Millett bought a ticket for just his third NASCAR race simply because he wanted to meet the King. Millett packed the camper for the three-hour drive, slipped on his Petty T-shirt and STP hat, and had Petty sign the hood of a model 1971 Dodge Charger. Millet just wanted to thank Petty for a lifetime of memories.

Most of the fans didn’t, or couldn’t, remember Petty from his days as the greatest stock car driver alive. Kids dressed in Dinoco blue shirts smiled as parents pointed and said, yes, that’s the King. You know, from Cars? The rest waited because dad was a fan. Because grandpa told them about the time he was at Pocono when Petty broke his neck in an accident.

Petty, who had six colored Sharpies and a can of Skoal in his pocket, never stopped smiling and shook hands for every selfie and snapshot. Yes, the blue hairs and graybeards had old-school cameras for their audience with the King, perfect for a race car owner who keeps tabs of his meet-and-greets on a paper schedule. One by one, they trudged to the front with a variation of the stories Petty has heard on repeat for nearly 60 years.

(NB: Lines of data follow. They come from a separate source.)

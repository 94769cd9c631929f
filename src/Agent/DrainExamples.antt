-- ===== src/Agent/DrainExamples.antt =====
-- The theorems about `drain` of internal/agent/reporter.go at concrete inputs: a run with one chunk
-- left, whose first attempt meets a network error.
use omj_agent.Base.{ℕ, zero, suc, none, List, [], ◌∷◌, ◌⊎◌, inl, inr, true, false, pos}
use omj_agent.Output.Chunk.{Chunk, stdout}
use omj_agent.Output.Buffer.{Buffer}
use omj_agent.Client.Errors.{ClientError, fault, net_error}
use omj_agent.Client.Whole.{whole}
use omj_agent.Client.Backoff.{Backoff}
use omj_agent.Agent.Reporter.{OutputResponse, new_report}
use omj_agent.Agent.Reporter.Drain.{Link, Draining}

abbrev left_over : Buffer
left_over = record {
  global_cap = 100;
  batch_bytes = 10;
  batch_chunks = 4;
  runs =
      (
        "r",
        record {
          chunks = record { run_id = "r"; seq = 3; stream = stdout; at = 0; payload = 1 ∷ [] } ∷ [];
          bytes = 1;
          truncated = false;
        },
      )
      ∷ [];
  size = 1;
}

abbrev short_backoff : Backoff whole
short_backoff = record { minimum = pos 0; maximum = pos 0; factor = 0; jitter = 0; attempt = 0 }

abbrev first_seq : List Chunk → ℕ
first_seq [] = 0
first_seq (c ∷ cs) = c.seq

abbrev taken : List Chunk → OutputResponse
taken batch = record {
  last_output_seq = first_seq batch;
  truncated = false;
  cancel_requested = false;
}

-- The first attempt of a round fails, the next one is taken.
abbrev answer_append : ℕ → List Chunk → ClientError ⊎ OutputResponse
answer_append zero batch = inl (fault net_error)
answer_append (suc i) batch = inr (taken batch)

abbrev flaky : Link whole "r" true
flaky = record {
  beat = λ k i. inr false;
  append = λ k i batch. answer_append i batch;
  random = λ k i. 0;
  late_random = λ k. 0;
  sleep = λ k i d. none;
  stopped = λ k. false;
  meanwhile = λ k b. b;
}

abbrev last_report : Draining whole "r" true
last_report = new_report whole "r" true short_backoff left_over
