-- ===== src/Agent/Lease/Verified.antt =====
-- `verify` and `executionUser` of internal/agent/lease.go.
use omj_agent.Base.{
  ℕ, ◌+◌, ◌<◌, ◌≡◌, ◌↔◌, inr, String, true, false, ◌||◌, List, is_positive, min_ℤ, contains_func,
  str_eq, is_empty_str, arith,
}
use omj_agent.State.{is_active}
use omj_agent.Agent.Types.{RunLease, Agent}
use omj_agent.Agent.Terms.{VerifiedLease, verify, clock_tolerance, seconds, execution_user, deref}

-- What `verify` asks of a lease.
abbrev pub IsGood : ℕ → Agent → RunLease → Type 0
IsGood now a lease =
    (is_empty_str lease.run_id ≡ false)
    × (str_eq lease.machine_id a.conf.machine_id ≡ true)
    × (is_active lease.run_id a.store ≡ false)
    × (now < lease.lease_expires_at + clock_tolerance)
    × (is_empty_str lease.command ≡ false)
    × (is_positive lease.timeout_seconds ≡ true)
    × (is_positive lease.max_output_bytes ≡ true)

abbrev pub limited : Agent → RunLease → VerifiedLease
limited a lease = record {
  lease = lease;
  timeout = seconds (min_ℤ lease.timeout_seconds a.conf.max_timeout_seconds);
  max_output = min_ℤ lease.max_output_bytes a.conf.max_output_bytes;
}

-- `verify` accepts a lease exactly if it is for this machine, names a run that is not active, has
-- not expired by more than the tolerance and has a command and positive limits; it then returns the
-- lease under the machine's own limits.
pub verify_iff :
    (now : ℕ) (a : Agent) (lease : RunLease) (v : VerifiedLease)
    → (verify now a lease ≡ inr v) ↔ (IsGood now a lease × (v ≡ limited a lease))
unfolding verify
verify_iff now a lease v = ground arith

-- A number of seconds that an `int64` of nanoseconds holds.
abbrev pub max_seconds : ℕ
max_seconds = 9223372036

-- `executionUser` answers with a name exactly if it is the name that the lease asks for, and that
-- is the empty one or stands on the machine's list; a refusal names it.
pub execution_user_lem :
    (allowed : List String) (lease : RunLease)
    → let name = deref lease.run_as in
      ((user : String)
        → (execution_user allowed lease ≡ inr user) ↔ (
            (user ≡ name)
            × ((is_empty_str name || contains_func (λ n. str_eq n name) allowed) ≡ true)))
unfolding execution_user
execution_user_lem allowed lease user = ground arith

“It pays the bills,” Petty said. “I’m just an old guy walking around, hasn’t been in a race car in 25 years and people still want an autograph or a picture. I guess it’s because I’m that old.”

Petty waved goodbye after an hour and grabbed a seat on the cart. On the way back to his motorhome, Petty directed his driver back to the area where he remembered that fan calling for him. Richard Keller had devoted a shrine to Petty around his RV and was elated when the Hall of Fame driver signed his name next to a Tony Stewart banner on the trailer wall.

The King is synonymous with NASCAR, and he has shown no inclinatio­n of retiring as he approaches his 80th birthday on Sunday. Few drivers in the sport can rival Petty in popularity and accessibil­ity and the calls for the King never cease at tracks around the country.

Richard Lee Petty has no sage wisdom on how to live to 80.

Still strikingly slender, he walks with a full, healthy stride around the garage that has belied the physical anguish from a 35-year career riddled with injuries. Petty’s last two of his seven Daytona 500 victories — 1979 and 1981 — both came after operations to remove part of his stomach after serious ulcer problems. He had his gallbladde­r removed between the 1985 and 1986 seasons.

If Petty feels major pains or has bouts of memory loss from a lifetime of jarring hits, he hides it well. Tracks have feted Petty all year (Dover had a Cake Boss winner bake a $2,000 cake in the shape of the No. 43) and he’s shown up for every Q&A session and birthday bash.

“All my joints is working. All the broken bones has healed back up,” Petty said.

Petty still dips tobacco. Who’s going to tell him to quit? He enjoys his wine (merlot) and his steaks (rare) as red as they come. He snacks daily on popcorn but eschews coffee. The King is known to even sneak a pinch of raw meat off a hamburger right

before it hits the grill. Like many in his generation, he has no use for a cellphone. And he sleeps. A lot. Petty is fresh and focused for his fans because he never skips a chance at a nap.

The NASCAR circus stretches from early February to late November with few days off in one of the more grueling schedules in sports. Plane. Race. Plane. Garage. Countless appearance­s for sponsors, who all want a piece of Petty. He’s never slowed down — not even in the face of tragedy — and has no plans to ease up with Richard Petty Motorsport­s boasting only a handful of checkered flags.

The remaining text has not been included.